# Me da igual todo



## xiki_way

me da igual todo como se dice en italiano?


----------



## Neuromante

Debes poner antes tu propuesta de traducción y el contexto que te interesa, son las normas del foro


----------



## xiki_way

me preguntan algo y yo digo me da igual todo,vamos que no me interesa nada,que me da igual lo que hagan


----------



## Neuromante

¿Y tu traducción...?


----------



## xiki_way

quiero que me digais como se dice en italiano:

Me da igual todo.

ya puse el conetxto arriba.

y me refiero a un contexto coloquial


----------



## Neuromante

xiki_way said:


> quiero que me digais como se dice en italiano:
> 
> Me da igual todo.
> 
> ya puse el conetxto arriba.



*¿Quieres?* que te digamos como se traduce... Las normas del foro *piden* que primero pongas tú tu traducción, para *corregirtela* en caso que sea necesario.

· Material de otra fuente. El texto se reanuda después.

-- ===== src/Run/Emit/Labels.antt =====
-- Which lines carry a node label, what the final flush writes, and the nodes that `emit` rejects.
use mathlib.Core.List.{append-nil, append_assoc}
use native.Mathlib.Numerals.{add-one}
use axiom_evi_apps.Prelude.{
  ℕ, zero, suc, ◌+◌, ◌≤◌, ◌≡◌, refl, arith, Bool, true, false, List, [], ◌∷◌, ◌++◌, length, take,
  drop, none, some, ◌==◌, if◌then◌else◌, Option-cases, Bool-cases, inl, inr, sym, get_elem?-none,
  done, aborted, undefined, get_or, leb, ltb, ◌&&◌, map,
}
use axiom_evi_apps.Run.Emit.{
  memchr, output, newline, Item, label, text, one_line, emit_lines, emit_pending, emit_node, emit,
  flush_from, flush, ident_flag, alternate_flag, max_num_nodes,
}
use axiom_evi_apps.Run.Emit.Output.{IsProgress, output_all}
use axiom_evi_apps.Run.Emit.Text.{
  texts, texts-append, texts-one_line, texts-emit_pending, emit_node-Emits,
}

pub labels : List Item → ℕ
labels [] = 0
labels (label a n ∷ items) = suc (labels items)
labels (text xs ∷ items) = labels items

pub newlines : List ℕ → ℕ
newlines [] = 0
newlines (x ∷ xs) = (if x == newline then 1 else 0) + newlines xs

labels-append : (xs ys : List Item) → labels (xs ++ ys) ≡ labels xs + labels ys
unfolding labels
labels-append [] ys = omega arith
labels-append (label a n ∷ xs) ys = omega (arith, labels-append xs ys)
labels-append (text b ∷ xs) ys = labels-append xs ys

newlines-append : (xs ys : List ℕ) → newlines (xs ++ ys) ≡ newlines xs + newlines ys
unfolding newlines
newlines-append [] ys = omega arith
newlines-append (x ∷ xs) ys = omega (arith, newlines-append xs ys)

newlines-none : (xs : List ℕ) → memchr newline xs ≡ none → newlines xs ≡ 0
unfolding newlines memchr
newlines-none [] e = refl
newlines-none (x ∷ xs) e = ground (arith, newlines-none xs)

-- Up to the first newline there is one.
newlines_first : (xs : List ℕ) (p : ℕ) → memchr newline xs ≡ some p → newlines (take (suc p) xs) ≡ 1
unfolding newlines memchr
newlines_first [] p e = cc
newlines_first (x ∷ xs) zero e = ground arith
newlines_first (x ∷ xs) (suc p) e = ground (arith, newlines_first xs p)

labels-one_line :
    (fwrite : List ℕ → ℕ) (labelled alternate : Bool) (node : ℕ) (buffer : List ℕ) (p : ℕ)
    → labels (one_line fwrite labelled alternate node buffer p) ≡ (if labelled then 1 else 0)
unfolding labels one_line
labels-one_line fwrite true alternate node buffer p = refl
labels-one_line fwrite false alternate node buffer p = refl

-- With identification on, each line gets a label but the first one behind pending bytes.
emit_lines-labels :
    (fwrite : List ℕ → ℕ) (fuel : ℕ) (alternate : Bool) (node : ℕ) (no_stop : Bool)
    (buffer : List ℕ) (p : ℕ) (r : List Item × List ℕ)
    → IsProgress fwrite
    → memchr newline buffer ≡ some p
    → emit_lines fwrite fuel true alternate node no_stop buffer p ≡ some r
    → labels r.0 + (if no_stop then 0 else 1) ≡ newlines (texts r.0)
unfolding emit_lines
emit_lines-labels fwrite zero alternate node no_stop buffer p r moves found e = cc
emit_lines-labels fwrite (suc fuel) alternate node no_stop buffer p r moves found e =
    let line = one_line fwrite no_stop alternate node buffer p in
    let bytes = texts-one_line fwrite no_stop alternate node buffer p moves in
    let one : newlines (texts line) ≡ 1 = rw (bytes, add-one) (newlines_first buffer p found) in
    elim (Option-cases (memchr newline (drop (p + 1) buffer))) [
      | inl last_line ↦ ground (arith, labels-one_line fwrite no_stop alternate node buffer p, one)
      | inr (p', more) ↦
          elim (Option-cases
            (emit_lines fwrite fuel true alternate node true (drop (p + 1) buffer) p')) [
              | inl stuck ↦ ground arith
              | inr (r', ends) ↦ ground (
                arith,
                labels-one_line fwrite no_stop alternate node buffer p,
                one,
                labels-append line r'.0,
                texts-append line r'.0,
                newlines-append (texts line) (texts r'.0),
                emit_lines-labels fwrite fuel alternate node true (drop (p + 1) buffer) p' r' moves
                    more ends,
              )
            ]
    ]

-- A node number of MAX_NUM_NODES passes the assertion and then misses the array; above it the
-- assertion fails.
pub emit_bad_node :
    (fwrite : List ℕ → ℕ) (max_buffer flags node : ℕ) (buffer : List ℕ) (info : List (List ℕ))
    → length info ≡ 63
    → 63 ≤ node
    → emit fwrite max_buffer flags node buffer info ≡ (if node == 63 then undefined else aborted)
unfolding emit
emit_bad_node fwrite max_buffer flags node buffer info nodes le = elim (Bool-cases (node == 63)) [
  | inl limit ↦
      let asserted : leb node max_num_nodes ≡ true = ground arith in
      rw (limit, asserted, get_elem?-none info node (omega (arith, nodes))) refl
  | inr above ↦
      let asserted : leb node max_num_nodes ≡ false = ground arith in rw (above, asserted) refl
]

-- How many nodes have pending bytes.
pub unfinished : List (List ℕ) → ℕ
unfinished [] = 0
unfinished (pending ∷ info) = (if ltb 0 (length pending) then 1 else 0) + unfinished info

-- The pending bytes of all the nodes, each partial line ended by a newline.
pub finished : List (List ℕ) → List ℕ
finished [] = []
finished (pending ∷ info) =
    (if ltb 0 (length pending) then pending ++ newline ∷ [] else []) ++ finished info

flush_from_lem :
    (fwrite : List ℕ → ℕ) (flags node : ℕ) (info : List (List ℕ))
    → IsProgress fwrite
    → (texts (flush_from fwrite flags node info) ≡ finished info)
      × (labels (flush_from fwrite flags node info) ≡ (if flags == 0 then 0 else unfinished info))
unfolding flush_from texts labels finished unfinished
flush_from_lem fwrite flags node [] moves = (refl, ground arith)
flush_from_lem fwrite flags node ([] ∷ info) moves =
    let (same, labelled) = flush_from_lem fwrite flags (node + 1) info moves in (same, ground arith)
flush_from_lem fwrite flags node ((x ∷ pending) ∷ info) moves =
    let some_pending : ltb 0 (suc (length pending)) ≡ true = ground arith in
    let (same, labelled) = flush_from_lem fwrite flags (node + 1) info moves in
    let written = output_all fwrite (x ∷ pending) moves in
    elim (Bool-cases (flags == 0)) [
      | inl unset ↦ (
        rw (some_pending, unset, written) (simp (same, append_assoc)),
        rw (some_pending, unset) (ground arith),
      )
      | inr flagged ↦ (
        rw (some_pending, flagged, written) (simp (same, append_assoc)),
        rw (some_pending, flagged) (ground arith),
      )
    ]

cleared :
    (info : List (List ℕ)) (n : ℕ) → get_or {A = List ℕ} (map (λ (_ : List ℕ). []) info) n [] ≡ []
cleared [] n = refl
cleared (x ∷ info) zero = refl
cleared (x ∷ info) (suc n) = cleared info n

-- If fwrite always takes a byte at least (a call that takes none makes `output` drop the rest), the last
-- flush writes the pending bytes of every node, each ended by a newline, and leaves none pending. It
-- labels each of them as soon as any flag at all is set, IDENT_FLAG or not.
pub flush_lem :
    (fwrite : List ℕ → ℕ) (flags : ℕ) (info : List (List ℕ))
    → IsProgress fwrite
    → (texts (flush fwrite flags info).0 ≡ finished info)
      × (labels (flush fwrite flags info).0 ≡ (if flags == 0 then 0 else unfinished info))
      × ((n : ℕ) → get_or (flush fwrite flags info).1 n [] ≡ [])
unfolding flush
flush_lem fwrite flags info moves =
    let (same, labelled) = flush_from_lem fwrite flags 0 info moves in
    (same, labelled, cleared info)

labels-emit_pending :
    (fwrite : List ℕ → ℕ) (alternate : Bool) (node : ℕ) (pending : List ℕ)
    → labels (emit_pending fwrite true alternate node pending)
      ≡ (if length pending == 0 then 0 else 1)
unfolding labels emit_pending
labels-emit_pending fwrite alternate node [] = refl
labels-emit_pending fwrite alternate node (x ∷ xs) = ground arith

partial_items :
    (fwrite : List ℕ → ℕ) (b : Bool) (pending : List ℕ)
    → IsProgress fwrite
    → memchr newline pending ≡ none
    → labels (if b then text (output fwrite pending) ∷ [] else [])
      ≡ newlines (texts (if b then text (output fwrite pending) ∷ [] else []))
unfolding labels texts newlines
partial_items fwrite true pending moves clean =
    rw (output_all fwrite pending moves, append-nil pending) (sym (newlines-none pending clean))
partial_items fwrite false pending moves clean = refl

labels_of_run :
    (fwrite : List ℕ → ℕ) (max_buffer flags node : ℕ) (buffer pending : List ℕ) (items : List Item)
    (left : List ℕ)
    → IsProgress fwrite
    → ident_flag flags ≡ true
    → memchr newline pending ≡ none
    → emit_node fwrite max_buffer flags node buffer pending ≡ done (items, left)
    → labels items ≡ newlines (texts items)
unfolding emit_node texts labels
labels_of_run fwrite max_buffer flags node buffer pending items left moves ident clean e =
    elim (Option-cases (memchr newline buffer)) [
      | inl nowhere ↦
          let full = ltb max_buffer (length pending + length buffer) in
          let e' = rw (ident, nowhere, emit_node) at e in
          ground
            (arith, e', partial_items fwrite (full && ltb 0 (length pending)) pending moves clean)
      | inr (p, found) ↦
          elim (Option-cases (
            emit_lines fwrite (length buffer) true (alternate_flag flags) node (length pending == 0)
              buffer p)) [
                | inl stuck ↦ ground arith
                | inr (r, ends) ↦
                    let before = emit_pending fwrite true (alternate_flag flags) node pending in
                    ground (
                      arith,
                      labels-emit_pending fwrite (alternate_flag flags) node pending,
                      texts-emit_pending fwrite true (alternate_flag flags) node pending moves,
                      labels-append before r.0,
                      texts-append before r.0,
                      newlines-append (texts before) (texts r.0),
                      newlines-none pending clean,
                      emit_lines-labels fwrite (length buffer) (alternate_flag flags) node
                          (length pending == 0) buffer p r moves found ends,
                    )
              ]
    ]

-- `emit_node`, the part of `emit` behind its check of the node: if fwrite always takes a byte at least,
-- with identification on, pending bytes without a newline, and pending and new bytes that each fit
-- the buffer, it returns, and it has written as many labels as newlines.
pub emit_node-labels :
    (fwrite : List ℕ → ℕ) (max_buffer flags node : ℕ) (buffer pending : List ℕ)
    → IsProgress fwrite
    → ident_flag flags ≡ true
    → memchr newline pending ≡ none
    → length pending ≤ max_buffer
    → length buffer ≤ max_buffer
    → (items : List Item) × (left : List ℕ) × (emit_node fwrite max_buffer flags node buffer pending
        ≡ done (items, left))
      × (labels items ≡ newlines (texts items))
emit_node-labels fwrite max_buffer flags node buffer pending moves ident clean small fits =
    let e = emit_node-Emits fwrite moves max_buffer flags node buffer pending fits small in
    (
      e.items,
      e.left,
      e.returns,
      labels_of_run fwrite max_buffer flags node buffer pending e.items e.left moves ident clean
          e.returns,
    )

Así, a simple vista, se me ocurren unas cinco traducciones que todas significan cosas distintas. Y eso sin esforzarme, solo pensando en distintos contextos coloquiales de lo más comunes.


----------



## xiki_way

yo pense en esto: io dammi eguale tutti


----------



## Larroja

xiki_way said:


> Yo pensé en esto: io dammi eguale tutti.



"Per me fa lo stesso", o anche "mi va bene tutto". 
Perdona si te corrijo, pero es importante escribir correctamente, o por lo menos intentarlo, utilizando maiúsculas y acentos, ya que estamos en un foro de lenguas.


----------



## annapo

hola xiki_way!

en italiano "me da igual" lo pondria de formas diferentes segun lo que entienda expresar:

"*me da igual que tu venga o no*"
"mi è indifferente che tu venga o no"

"*éligas tu: a mi* *me da igual todo*"
"scegli tu, per me è lo stesso"  
"scegli tu, a me va bene qualunque cosa" 
"scegli tu, non ho preferenze"

"*estoy harto/a,* *me da igual todo"*
"non me ne frega niente di niente" o incluso "chissenefrega di tutto"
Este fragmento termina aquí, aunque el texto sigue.